Aim of the exercise:
Every line from the one containing "(map (λ (p : Participant)." down to the last line of the listing below should be restated exactly, and nothing else.

Recorded data:
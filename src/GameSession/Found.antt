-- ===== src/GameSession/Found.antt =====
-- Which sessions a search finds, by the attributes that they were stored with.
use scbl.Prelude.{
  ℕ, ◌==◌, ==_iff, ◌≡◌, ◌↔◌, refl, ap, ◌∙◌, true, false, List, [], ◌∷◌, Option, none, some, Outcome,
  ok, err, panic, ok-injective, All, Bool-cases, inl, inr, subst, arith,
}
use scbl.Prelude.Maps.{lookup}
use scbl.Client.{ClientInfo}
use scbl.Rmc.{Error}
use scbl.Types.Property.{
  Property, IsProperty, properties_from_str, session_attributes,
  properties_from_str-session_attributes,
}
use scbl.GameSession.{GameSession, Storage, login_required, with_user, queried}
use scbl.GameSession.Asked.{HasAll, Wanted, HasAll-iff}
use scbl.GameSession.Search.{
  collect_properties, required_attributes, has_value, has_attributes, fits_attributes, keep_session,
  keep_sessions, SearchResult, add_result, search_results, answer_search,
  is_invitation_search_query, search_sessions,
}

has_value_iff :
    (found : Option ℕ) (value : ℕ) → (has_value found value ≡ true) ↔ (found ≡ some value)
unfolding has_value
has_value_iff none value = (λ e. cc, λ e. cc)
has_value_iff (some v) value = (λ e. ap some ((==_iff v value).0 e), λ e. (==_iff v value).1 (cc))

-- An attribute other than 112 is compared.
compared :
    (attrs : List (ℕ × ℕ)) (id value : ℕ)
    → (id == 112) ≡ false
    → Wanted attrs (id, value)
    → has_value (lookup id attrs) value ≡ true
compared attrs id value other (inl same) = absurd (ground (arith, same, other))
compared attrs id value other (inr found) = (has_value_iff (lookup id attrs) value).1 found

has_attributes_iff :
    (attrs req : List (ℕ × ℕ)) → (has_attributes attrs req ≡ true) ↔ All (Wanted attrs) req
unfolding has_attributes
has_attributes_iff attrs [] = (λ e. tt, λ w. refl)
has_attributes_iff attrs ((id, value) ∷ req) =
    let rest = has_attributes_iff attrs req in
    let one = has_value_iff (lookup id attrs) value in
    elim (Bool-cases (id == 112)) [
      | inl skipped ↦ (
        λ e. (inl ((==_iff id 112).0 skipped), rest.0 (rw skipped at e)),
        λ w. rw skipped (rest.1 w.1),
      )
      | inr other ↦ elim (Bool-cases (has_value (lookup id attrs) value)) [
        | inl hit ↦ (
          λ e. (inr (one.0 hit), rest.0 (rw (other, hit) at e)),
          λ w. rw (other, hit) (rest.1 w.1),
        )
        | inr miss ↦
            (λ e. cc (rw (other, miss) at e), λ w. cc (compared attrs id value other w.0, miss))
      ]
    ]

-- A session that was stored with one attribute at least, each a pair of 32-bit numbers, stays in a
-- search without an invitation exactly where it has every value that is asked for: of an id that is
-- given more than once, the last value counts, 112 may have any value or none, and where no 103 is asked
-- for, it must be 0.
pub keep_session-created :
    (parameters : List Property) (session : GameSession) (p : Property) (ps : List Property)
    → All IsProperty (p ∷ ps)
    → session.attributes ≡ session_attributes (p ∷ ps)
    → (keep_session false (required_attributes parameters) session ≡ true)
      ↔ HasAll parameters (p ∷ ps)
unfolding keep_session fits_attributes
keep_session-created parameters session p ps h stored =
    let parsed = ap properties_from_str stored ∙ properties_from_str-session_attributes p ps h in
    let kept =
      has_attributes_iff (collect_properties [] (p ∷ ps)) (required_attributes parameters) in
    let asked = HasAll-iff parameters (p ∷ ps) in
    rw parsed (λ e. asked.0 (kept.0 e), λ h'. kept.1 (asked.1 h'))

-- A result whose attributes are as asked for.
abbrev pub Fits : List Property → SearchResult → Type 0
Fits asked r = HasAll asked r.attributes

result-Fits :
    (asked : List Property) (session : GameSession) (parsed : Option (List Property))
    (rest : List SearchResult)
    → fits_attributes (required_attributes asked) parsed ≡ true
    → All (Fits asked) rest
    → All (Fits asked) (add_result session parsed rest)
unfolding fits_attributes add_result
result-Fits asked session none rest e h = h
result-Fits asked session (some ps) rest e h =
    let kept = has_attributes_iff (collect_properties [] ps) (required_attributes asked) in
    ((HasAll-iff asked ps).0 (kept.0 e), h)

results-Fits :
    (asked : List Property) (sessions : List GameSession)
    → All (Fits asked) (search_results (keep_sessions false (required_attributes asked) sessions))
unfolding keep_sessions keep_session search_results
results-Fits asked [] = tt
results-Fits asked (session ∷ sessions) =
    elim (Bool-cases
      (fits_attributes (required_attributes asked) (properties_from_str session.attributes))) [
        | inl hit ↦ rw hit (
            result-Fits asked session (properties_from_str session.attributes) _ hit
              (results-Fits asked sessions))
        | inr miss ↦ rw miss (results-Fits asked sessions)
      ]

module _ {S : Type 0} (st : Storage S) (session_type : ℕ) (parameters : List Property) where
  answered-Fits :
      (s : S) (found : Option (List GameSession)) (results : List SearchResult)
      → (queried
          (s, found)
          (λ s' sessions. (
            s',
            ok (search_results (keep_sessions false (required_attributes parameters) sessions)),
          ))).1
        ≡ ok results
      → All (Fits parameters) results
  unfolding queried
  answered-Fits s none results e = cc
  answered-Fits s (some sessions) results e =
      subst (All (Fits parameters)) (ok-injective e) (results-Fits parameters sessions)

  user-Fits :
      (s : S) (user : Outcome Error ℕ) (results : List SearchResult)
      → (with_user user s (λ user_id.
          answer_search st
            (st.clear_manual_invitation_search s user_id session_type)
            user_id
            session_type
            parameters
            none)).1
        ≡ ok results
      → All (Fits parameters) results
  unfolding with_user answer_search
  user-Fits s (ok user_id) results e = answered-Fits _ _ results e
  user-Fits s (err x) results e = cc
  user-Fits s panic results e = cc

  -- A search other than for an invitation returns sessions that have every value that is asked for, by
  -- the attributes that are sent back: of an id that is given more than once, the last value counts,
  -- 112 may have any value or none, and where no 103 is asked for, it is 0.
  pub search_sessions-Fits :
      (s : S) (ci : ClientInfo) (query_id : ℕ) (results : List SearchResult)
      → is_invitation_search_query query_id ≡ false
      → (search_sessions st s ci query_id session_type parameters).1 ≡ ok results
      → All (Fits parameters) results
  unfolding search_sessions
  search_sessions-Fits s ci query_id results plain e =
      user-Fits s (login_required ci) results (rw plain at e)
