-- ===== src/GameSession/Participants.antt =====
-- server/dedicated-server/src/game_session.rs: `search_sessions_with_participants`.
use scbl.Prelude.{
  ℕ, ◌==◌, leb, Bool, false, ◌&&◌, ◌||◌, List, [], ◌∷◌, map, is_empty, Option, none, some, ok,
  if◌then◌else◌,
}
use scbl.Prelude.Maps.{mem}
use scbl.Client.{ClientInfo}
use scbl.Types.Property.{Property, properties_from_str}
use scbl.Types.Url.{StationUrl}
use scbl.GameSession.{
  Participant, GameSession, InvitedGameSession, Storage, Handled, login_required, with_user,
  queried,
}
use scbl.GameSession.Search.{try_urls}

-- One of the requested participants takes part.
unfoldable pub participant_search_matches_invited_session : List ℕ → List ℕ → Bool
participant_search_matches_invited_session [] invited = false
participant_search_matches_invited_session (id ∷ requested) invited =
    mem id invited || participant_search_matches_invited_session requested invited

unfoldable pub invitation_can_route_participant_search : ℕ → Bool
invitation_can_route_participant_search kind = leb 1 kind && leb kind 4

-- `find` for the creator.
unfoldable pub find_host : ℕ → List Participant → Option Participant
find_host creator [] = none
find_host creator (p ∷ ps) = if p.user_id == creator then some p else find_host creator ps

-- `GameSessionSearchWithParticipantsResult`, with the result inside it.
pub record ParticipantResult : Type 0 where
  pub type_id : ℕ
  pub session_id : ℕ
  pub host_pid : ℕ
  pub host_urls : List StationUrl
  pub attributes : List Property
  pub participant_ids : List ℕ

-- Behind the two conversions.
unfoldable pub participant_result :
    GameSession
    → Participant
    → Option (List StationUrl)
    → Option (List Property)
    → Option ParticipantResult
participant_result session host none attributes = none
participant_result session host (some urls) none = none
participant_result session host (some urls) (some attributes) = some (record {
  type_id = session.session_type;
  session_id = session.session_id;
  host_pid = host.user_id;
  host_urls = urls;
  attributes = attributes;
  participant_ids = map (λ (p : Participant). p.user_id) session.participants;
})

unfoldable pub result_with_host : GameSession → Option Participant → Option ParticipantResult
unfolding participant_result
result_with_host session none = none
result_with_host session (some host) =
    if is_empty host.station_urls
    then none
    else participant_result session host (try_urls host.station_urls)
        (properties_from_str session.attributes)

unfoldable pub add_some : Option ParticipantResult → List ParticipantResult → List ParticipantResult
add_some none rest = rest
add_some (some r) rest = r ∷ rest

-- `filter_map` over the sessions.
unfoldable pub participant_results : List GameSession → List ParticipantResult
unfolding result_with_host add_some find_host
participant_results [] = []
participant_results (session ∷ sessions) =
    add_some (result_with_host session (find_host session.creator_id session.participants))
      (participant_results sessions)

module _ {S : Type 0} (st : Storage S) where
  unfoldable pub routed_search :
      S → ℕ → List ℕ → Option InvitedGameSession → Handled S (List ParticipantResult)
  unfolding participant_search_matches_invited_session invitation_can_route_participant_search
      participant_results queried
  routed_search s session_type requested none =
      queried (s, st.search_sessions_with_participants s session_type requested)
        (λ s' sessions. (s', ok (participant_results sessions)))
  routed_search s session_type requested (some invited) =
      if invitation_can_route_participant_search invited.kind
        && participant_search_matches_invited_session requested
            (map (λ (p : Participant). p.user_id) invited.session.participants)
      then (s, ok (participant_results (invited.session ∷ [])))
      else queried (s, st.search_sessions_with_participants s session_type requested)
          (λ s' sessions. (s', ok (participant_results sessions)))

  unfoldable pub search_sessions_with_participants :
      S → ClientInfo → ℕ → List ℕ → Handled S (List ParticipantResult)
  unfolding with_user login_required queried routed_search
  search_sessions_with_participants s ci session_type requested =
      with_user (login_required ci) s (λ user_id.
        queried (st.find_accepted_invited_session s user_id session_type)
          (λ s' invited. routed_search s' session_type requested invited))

Task solution:
            (map (λ (p : Participant). p.user_id) invited.session.participants)
      then (s, ok (participant_results (invited.session ∷ [])))
      else queried (s, st.search_sessions_with_participants s session_type requested)
          (λ s' sessions. (s', ok (participant_results sessions)))

  unfoldable pub search_sessions_with_participants :
      S → ClientInfo → ℕ → List ℕ → Handled S (List ParticipantResult)
  unfolding with_user login_required queried routed_search
  search_sessions_with_participants s ci session_type requested =
      with_user (login_required ci) s (λ user_id.
        queried (st.find_accepted_invited_session s user_id session_type)
          (λ s' invited. routed_search s' session_type requested invited))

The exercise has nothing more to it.